Each line with the word "escalate" must appear in the answer, copied from the records.

Start of PROVIDED DATA

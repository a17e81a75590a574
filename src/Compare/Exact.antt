-- ===== src/Compare/Exact.antt =====
-- src/compare/exact.cpp. The two products of `derive_transform_target` are not checked in C++; an
-- overflow is undefined there, and the model keeps the true product.
use mediadiff.Base.{
  Bool, Error, Expected, Option, Text, eqb_ℤ, err, false, if◌then◌else◌, internal, none, not, ok,
  pos, some, text, usage, ℤ, ◌&&◌, ◌*ℤ◌, ◌++◌, ◌-ℤ◌, ◌>>=◌, ◌||◌,
}
use mediadiff.Compare.{Comparator, escalate, start_finding}
use mediadiff.Compare.Values.{value_eq}
use mediadiff.Core.CheckedArith.{trunc_div}
use mediadiff.Core.Model.{Finding, Measurement, Value, Vendor, passed, string_value}
use mediadiff.Core.Policy.{Policy, to_string}
use mediadiff.Core.Policy.Resolve.{resolve_severity}
use mediadiff.Core.Profiles.{
  Dimensions, ResolutionExpectation, parse_dimensions, parse_resolution_expectation,
}
use mediadiff.Core.Registry.{CheckDef, profile_eq, transform}

unfoldable pub rem_ℤ : ℤ → ℤ → ℤ
unfolding ◌-ℤ◌ ◌*ℤ◌
rem_ℤ a b = a -ℤ trunc_div a b *ℤ b

abbrev pub dimensions_eq : Dimensions → Dimensions → Bool
dimensions_eq a b = eqb_ℤ a.width b.width && eqb_ℤ a.height b.height

unfoldable pub dimensions_text : Dimensions → Text
unfolding to_string
dimensions_text d = to_string d.width ++ text "x" ++ to_string d.height

unfoldable pub inexact_error : Text → Dimensions → Error
unfolding dimensions_text
inexact_error raw baseline = record {
  kind = usage;
  message =
      text "transform expectation '"
      ++ raw
      ++ text "' applied to baseline resolution "
      ++ dimensions_text baseline
      ++ text " does not derive an exact integer resolution";
}

abbrev pub not_a_string_error : Error
not_a_string_error = record {
  kind = internal;
  message = text "transform-affected check's baseline value is not a resolution string";
}

abbrev pub not_a_resolution_error : Error
not_a_resolution_error = record {
  kind = internal;
  message =
      text "transform-affected check's baseline value is not a \"WIDTHxHEIGHT\" resolution string";
}

-- The baseline's dimensions times the scale, where both are whole numbers.
unfoldable pub scaled_target :
    ResolutionExpectation → Text → Option Dimensions → Expected Dimensions
unfolding ◌*ℤ◌ rem_ℤ inexact_error
scaled_target expectation raw none = err not_a_resolution_error
scaled_target expectation raw (some baseline) =
    let width_num = baseline.width *ℤ expectation.scale_num in
    let height_num = baseline.height *ℤ expectation.scale_num in
    if not (eqb_ℤ (rem_ℤ width_num expectation.scale_den) (pos 0))
      || not (eqb_ℤ (rem_ℤ height_num expectation.scale_den) (pos 0))
    then err (inexact_error raw baseline)
    else ok (record {
      width = trunc_div width_num expectation.scale_den;
      height = trunc_div height_num expectation.scale_den;
    })

abbrev pub scaled_baseline : ResolutionExpectation → Text → Value → Expected Dimensions
scaled_baseline expectation raw (string_value baseline_text) =
    scaled_target expectation raw (parse_dimensions baseline_text)
scaled_baseline expectation raw _ = err not_a_string_error

unfoldable pub derive_transform_target : ResolutionExpectation → Text → Value → Expected Dimensions
unfolding scaled_target parse_dimensions
derive_transform_target expectation raw baseline =
    if not expectation.is_scale_factor
    then ok expectation.absolute
    else scaled_baseline expectation raw baseline

-- The candidate's dimensions are there and the expected ones.
abbrev pub matches_target : Value → Dimensions → Bool
matches_target (string_value candidate_text) target = elim (parse_dimensions candidate_text) [
  | none ↦ false
  | some dims ↦ dimensions_eq dims target
]
matches_target _ target = false

-- The resolution that the policy expects of the check, where the `transform` profile is active.
abbrev pub active_expectation : CheckDef → Policy → Option Text
active_expectation check policy =
    if profile_eq policy.profile transform && check.transform_affected
    then policy.transform_expectation.resolution
    else none

module _ (V : Vendor) where
  unfoldable pub target_finding :
      CheckDef → Measurement V.Json → Measurement V.Json → Policy → Dimensions → Finding V.Json
  unfolding start_finding dimensions_text parse_dimensions
  target_finding check baseline candidate policy target =
      if matches_target candidate.value target
      then start_finding V check baseline candidate policy passed
          (text "candidate resolution matches derived expectation " ++ dimensions_text target)
      else start_finding V check baseline candidate policy
          (escalate (resolve_severity check policy))
          (text "candidate resolution does not match derived expectation "
            ++ dimensions_text target)

  unfoldable pub equality_finding :
      CheckDef → Measurement V.Json → Measurement V.Json → Policy → Finding V.Json
  unfolding start_finding value_eq
  equality_finding check baseline candidate policy =
      if value_eq baseline.value candidate.value
      then start_finding V check baseline candidate policy passed (text "values match")
      else start_finding V check baseline candidate policy
          (escalate (resolve_severity check policy)) (text "values differ")

  abbrev pub exact_against : Option Text → Comparator V.Json
  exact_against none check baseline candidate policy =
      ok (equality_finding check baseline candidate policy)
  exact_against (some raw) check baseline candidate policy =
      parse_resolution_expectation raw >>= (λ expectation.
        derive_transform_target expectation raw baseline.value
        >>= (λ target. ok (target_finding check baseline candidate policy target)))

  unfoldable pub compare_exact : Comparator V.Json
  unfolding parse_resolution_expectation derive_transform_target target_finding equality_finding
  compare_exact check baseline candidate policy =
      exact_against (active_expectation check policy) check baseline candidate policy
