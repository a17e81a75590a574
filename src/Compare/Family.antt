-- ===== src/Compare/Family.antt =====
-- src/core/container_family.cpp, and the family tests of src/compare/engine.cpp.
use mediadiff.Base.{
  Bool, List, Option, Text, [], eqb_ℤ, false, if◌then◌else◌, is_empty, none, not, pos, some, text,
  text_eq, ℕ, ◌==◌, ◌||◌, ◌∷◌,
}
use mediadiff.Core.Model.{Fingerprint, Measurement, Value, scope_rank, string_value}
use mediadiff.Core.Registry.{CheckRegistry, find}

-- What stands before and after the first byte `d`.
unfoldable pub split_at_first : ℕ → Text → Option (Text × Text)
split_at_first d [] = none
split_at_first d (c ∷ s) =
    let later = split_at_first d s in
    if c == d
    then some ([], s)
    else elim later [ none ↦ none | some (first, rest) ↦ some (c ∷ first, rest) ]

unfoldable pub container_family_token : Text → Text
unfolding split_at_first
container_family_token format_name =
    let first_token : Text = elim (split_at_first b',' format_name) [
      | none ↦ format_name
      | some (first, rest) ↦ first
    ] in
    if text_eq first_token (text "mov")
    then text "mp4"
    else if text_eq first_token (text "matroska")
    then text "mkv"
    else if text_eq first_token (text "mpegts")
    then text "ts"
    else []

unfoldable pub family_of_value : Value → Text
unfolding container_family_token
family_of_value (string_value s) = container_family_token s
family_of_value _ = []

module _ {Json : Type 0} where
  unfoldable pub family_from : ℕ → List (Measurement Json) → Text
  unfolding family_of_value
  family_from format_index [] = []
  family_from format_index (m ∷ rest) =
      if not (m.check_index == format_index)
        || not (scope_rank m.scope.kind == 0)
        || not (eqb_ℤ m.scope.index (pos 0))
      then family_from format_index rest
      else family_of_value m.value

  unfoldable pub resolve_family : Fingerprint Json → CheckRegistry → Text
  unfolding family_from find
  resolve_family fp registry = elim (find registry (text "container.format")) [
    | none ↦ []
    | some format_index ↦ family_from format_index fp.measurements
  ]

-- `container.<family_token>.<something>`.
unfoldable pub check_id_matches_family : Text → Text → Bool
unfolding split_at_first
check_id_matches_family id family_token =
    if is_empty family_token then false else elim (split_at_first b'.' id) [
      | none ↦ false
      | some (first, rest) ↦
          if not (text_eq first (text "container"))
          then false
          else elim (split_at_first b'.' rest) [
            | none ↦ false
            | some (second, tail) ↦ if is_empty tail then false else text_eq second family_token
          ]
    ]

End of PROVIDED DATA

● TASK SOLUTION:
use mediadiff.Compare.{Comparator, escalate, start_finding}
          (escalate (resolve_severity check policy))
          (escalate (resolve_severity check policy)) (text "values differ")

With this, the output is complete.